Your instructions: Extract each line of the records below that contains the word "anchored".

-- -- --

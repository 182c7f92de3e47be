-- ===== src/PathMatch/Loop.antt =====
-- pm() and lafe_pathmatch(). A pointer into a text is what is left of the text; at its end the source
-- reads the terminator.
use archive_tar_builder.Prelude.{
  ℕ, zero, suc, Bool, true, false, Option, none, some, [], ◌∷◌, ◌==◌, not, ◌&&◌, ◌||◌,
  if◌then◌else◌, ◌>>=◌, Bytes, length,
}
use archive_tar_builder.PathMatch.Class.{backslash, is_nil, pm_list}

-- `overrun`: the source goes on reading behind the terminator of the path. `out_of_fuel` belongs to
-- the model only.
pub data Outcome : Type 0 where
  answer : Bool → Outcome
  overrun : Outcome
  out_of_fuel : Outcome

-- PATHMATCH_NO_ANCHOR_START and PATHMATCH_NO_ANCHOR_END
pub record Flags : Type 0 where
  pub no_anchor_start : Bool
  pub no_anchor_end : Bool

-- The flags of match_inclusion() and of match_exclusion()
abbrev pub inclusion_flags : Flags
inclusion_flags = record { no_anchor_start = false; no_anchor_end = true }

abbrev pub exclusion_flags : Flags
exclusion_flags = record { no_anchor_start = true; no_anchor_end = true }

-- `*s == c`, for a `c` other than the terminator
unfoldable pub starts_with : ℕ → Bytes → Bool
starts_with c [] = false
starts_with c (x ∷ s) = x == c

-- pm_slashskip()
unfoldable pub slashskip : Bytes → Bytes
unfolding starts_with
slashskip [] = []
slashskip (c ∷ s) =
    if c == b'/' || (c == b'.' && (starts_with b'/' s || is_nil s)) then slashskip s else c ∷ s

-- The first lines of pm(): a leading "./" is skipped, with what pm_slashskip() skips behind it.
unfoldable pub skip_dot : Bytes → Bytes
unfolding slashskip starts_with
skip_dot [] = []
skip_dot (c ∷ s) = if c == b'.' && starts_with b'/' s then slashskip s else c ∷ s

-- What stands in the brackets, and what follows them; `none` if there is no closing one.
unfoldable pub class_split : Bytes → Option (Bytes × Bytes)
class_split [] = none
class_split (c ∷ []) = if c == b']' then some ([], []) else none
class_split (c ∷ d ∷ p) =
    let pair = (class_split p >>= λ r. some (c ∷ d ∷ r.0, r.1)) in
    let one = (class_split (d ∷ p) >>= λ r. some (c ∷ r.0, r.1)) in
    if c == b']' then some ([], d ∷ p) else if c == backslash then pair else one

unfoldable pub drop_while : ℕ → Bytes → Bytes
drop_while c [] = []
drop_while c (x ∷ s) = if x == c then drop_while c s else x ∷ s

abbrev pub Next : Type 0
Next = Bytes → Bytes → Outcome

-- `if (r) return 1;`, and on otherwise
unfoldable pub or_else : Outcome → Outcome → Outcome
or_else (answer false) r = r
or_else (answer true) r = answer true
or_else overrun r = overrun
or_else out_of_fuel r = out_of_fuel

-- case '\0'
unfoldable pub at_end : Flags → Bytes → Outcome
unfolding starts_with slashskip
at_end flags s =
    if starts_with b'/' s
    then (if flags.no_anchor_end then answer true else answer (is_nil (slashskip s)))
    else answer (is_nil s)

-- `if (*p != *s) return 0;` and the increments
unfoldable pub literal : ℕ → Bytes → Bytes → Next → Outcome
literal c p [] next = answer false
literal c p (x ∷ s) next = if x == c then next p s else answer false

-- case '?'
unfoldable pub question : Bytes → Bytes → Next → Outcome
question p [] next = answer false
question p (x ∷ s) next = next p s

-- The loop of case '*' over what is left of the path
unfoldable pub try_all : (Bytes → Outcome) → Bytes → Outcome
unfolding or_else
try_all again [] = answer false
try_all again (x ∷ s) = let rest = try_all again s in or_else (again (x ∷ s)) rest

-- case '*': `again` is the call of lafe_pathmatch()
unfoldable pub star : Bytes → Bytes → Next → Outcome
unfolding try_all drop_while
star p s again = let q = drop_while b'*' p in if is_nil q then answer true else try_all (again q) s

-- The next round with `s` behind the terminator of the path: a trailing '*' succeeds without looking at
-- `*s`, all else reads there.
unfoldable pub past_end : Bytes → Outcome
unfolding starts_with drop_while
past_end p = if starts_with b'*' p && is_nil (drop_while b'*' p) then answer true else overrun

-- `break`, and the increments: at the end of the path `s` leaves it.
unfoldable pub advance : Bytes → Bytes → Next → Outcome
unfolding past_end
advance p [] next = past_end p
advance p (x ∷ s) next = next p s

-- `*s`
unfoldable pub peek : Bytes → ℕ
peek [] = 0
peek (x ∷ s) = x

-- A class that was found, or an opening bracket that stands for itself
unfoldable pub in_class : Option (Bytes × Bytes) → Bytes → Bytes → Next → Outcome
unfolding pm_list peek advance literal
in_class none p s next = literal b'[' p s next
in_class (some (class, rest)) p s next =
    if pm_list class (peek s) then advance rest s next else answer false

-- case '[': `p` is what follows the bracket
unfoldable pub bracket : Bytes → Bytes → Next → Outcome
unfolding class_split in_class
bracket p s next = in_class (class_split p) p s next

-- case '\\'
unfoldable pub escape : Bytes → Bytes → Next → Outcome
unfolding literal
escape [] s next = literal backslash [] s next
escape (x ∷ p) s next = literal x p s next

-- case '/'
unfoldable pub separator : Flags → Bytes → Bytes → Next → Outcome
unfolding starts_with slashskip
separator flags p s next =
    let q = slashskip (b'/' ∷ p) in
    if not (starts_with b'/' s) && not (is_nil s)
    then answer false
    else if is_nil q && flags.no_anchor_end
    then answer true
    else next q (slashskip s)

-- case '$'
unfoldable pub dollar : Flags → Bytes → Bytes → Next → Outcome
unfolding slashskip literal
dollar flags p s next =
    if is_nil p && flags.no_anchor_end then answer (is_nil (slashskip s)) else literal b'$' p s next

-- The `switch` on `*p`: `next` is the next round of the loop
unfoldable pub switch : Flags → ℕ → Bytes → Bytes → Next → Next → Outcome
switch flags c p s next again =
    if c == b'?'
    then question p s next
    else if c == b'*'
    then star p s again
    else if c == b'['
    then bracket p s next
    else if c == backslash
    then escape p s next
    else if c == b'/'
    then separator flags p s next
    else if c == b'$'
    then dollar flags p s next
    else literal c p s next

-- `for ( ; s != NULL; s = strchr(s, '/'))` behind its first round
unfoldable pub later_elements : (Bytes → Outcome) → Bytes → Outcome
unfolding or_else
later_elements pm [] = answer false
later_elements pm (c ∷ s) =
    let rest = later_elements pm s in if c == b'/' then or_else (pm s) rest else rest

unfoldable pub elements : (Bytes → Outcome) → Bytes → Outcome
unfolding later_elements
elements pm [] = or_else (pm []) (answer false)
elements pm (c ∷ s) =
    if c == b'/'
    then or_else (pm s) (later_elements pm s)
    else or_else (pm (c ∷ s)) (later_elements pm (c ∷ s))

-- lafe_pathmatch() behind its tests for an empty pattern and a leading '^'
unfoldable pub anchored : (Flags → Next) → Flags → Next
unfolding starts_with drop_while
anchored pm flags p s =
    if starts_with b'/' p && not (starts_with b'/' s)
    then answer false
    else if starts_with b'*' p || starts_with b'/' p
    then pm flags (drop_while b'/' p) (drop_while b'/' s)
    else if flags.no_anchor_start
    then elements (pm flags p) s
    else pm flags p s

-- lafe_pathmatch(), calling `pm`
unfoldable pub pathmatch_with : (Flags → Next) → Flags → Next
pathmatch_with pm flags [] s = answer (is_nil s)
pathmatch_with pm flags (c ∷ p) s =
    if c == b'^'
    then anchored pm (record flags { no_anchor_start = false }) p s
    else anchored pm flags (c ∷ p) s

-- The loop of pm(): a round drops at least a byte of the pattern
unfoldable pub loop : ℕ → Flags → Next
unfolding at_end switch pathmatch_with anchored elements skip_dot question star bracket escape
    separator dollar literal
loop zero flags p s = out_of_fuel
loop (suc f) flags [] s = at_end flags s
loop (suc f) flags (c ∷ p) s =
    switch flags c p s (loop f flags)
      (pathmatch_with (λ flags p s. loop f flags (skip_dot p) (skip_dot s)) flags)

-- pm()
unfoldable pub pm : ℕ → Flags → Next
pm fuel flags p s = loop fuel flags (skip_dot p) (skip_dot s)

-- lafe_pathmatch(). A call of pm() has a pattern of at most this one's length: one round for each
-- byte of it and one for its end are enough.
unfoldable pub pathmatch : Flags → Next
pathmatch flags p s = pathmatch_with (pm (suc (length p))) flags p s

-- -- --

Solution to this problem:
unfoldable pub anchored : (Flags → Next) → Flags → Next
anchored pm flags p s =
    then anchored pm (record flags { no_anchor_start = false }) p s
    else anchored pm flags (c ∷ p) s
unfolding at_end switch pathmatch_with anchored elements skip_dot question star bracket escape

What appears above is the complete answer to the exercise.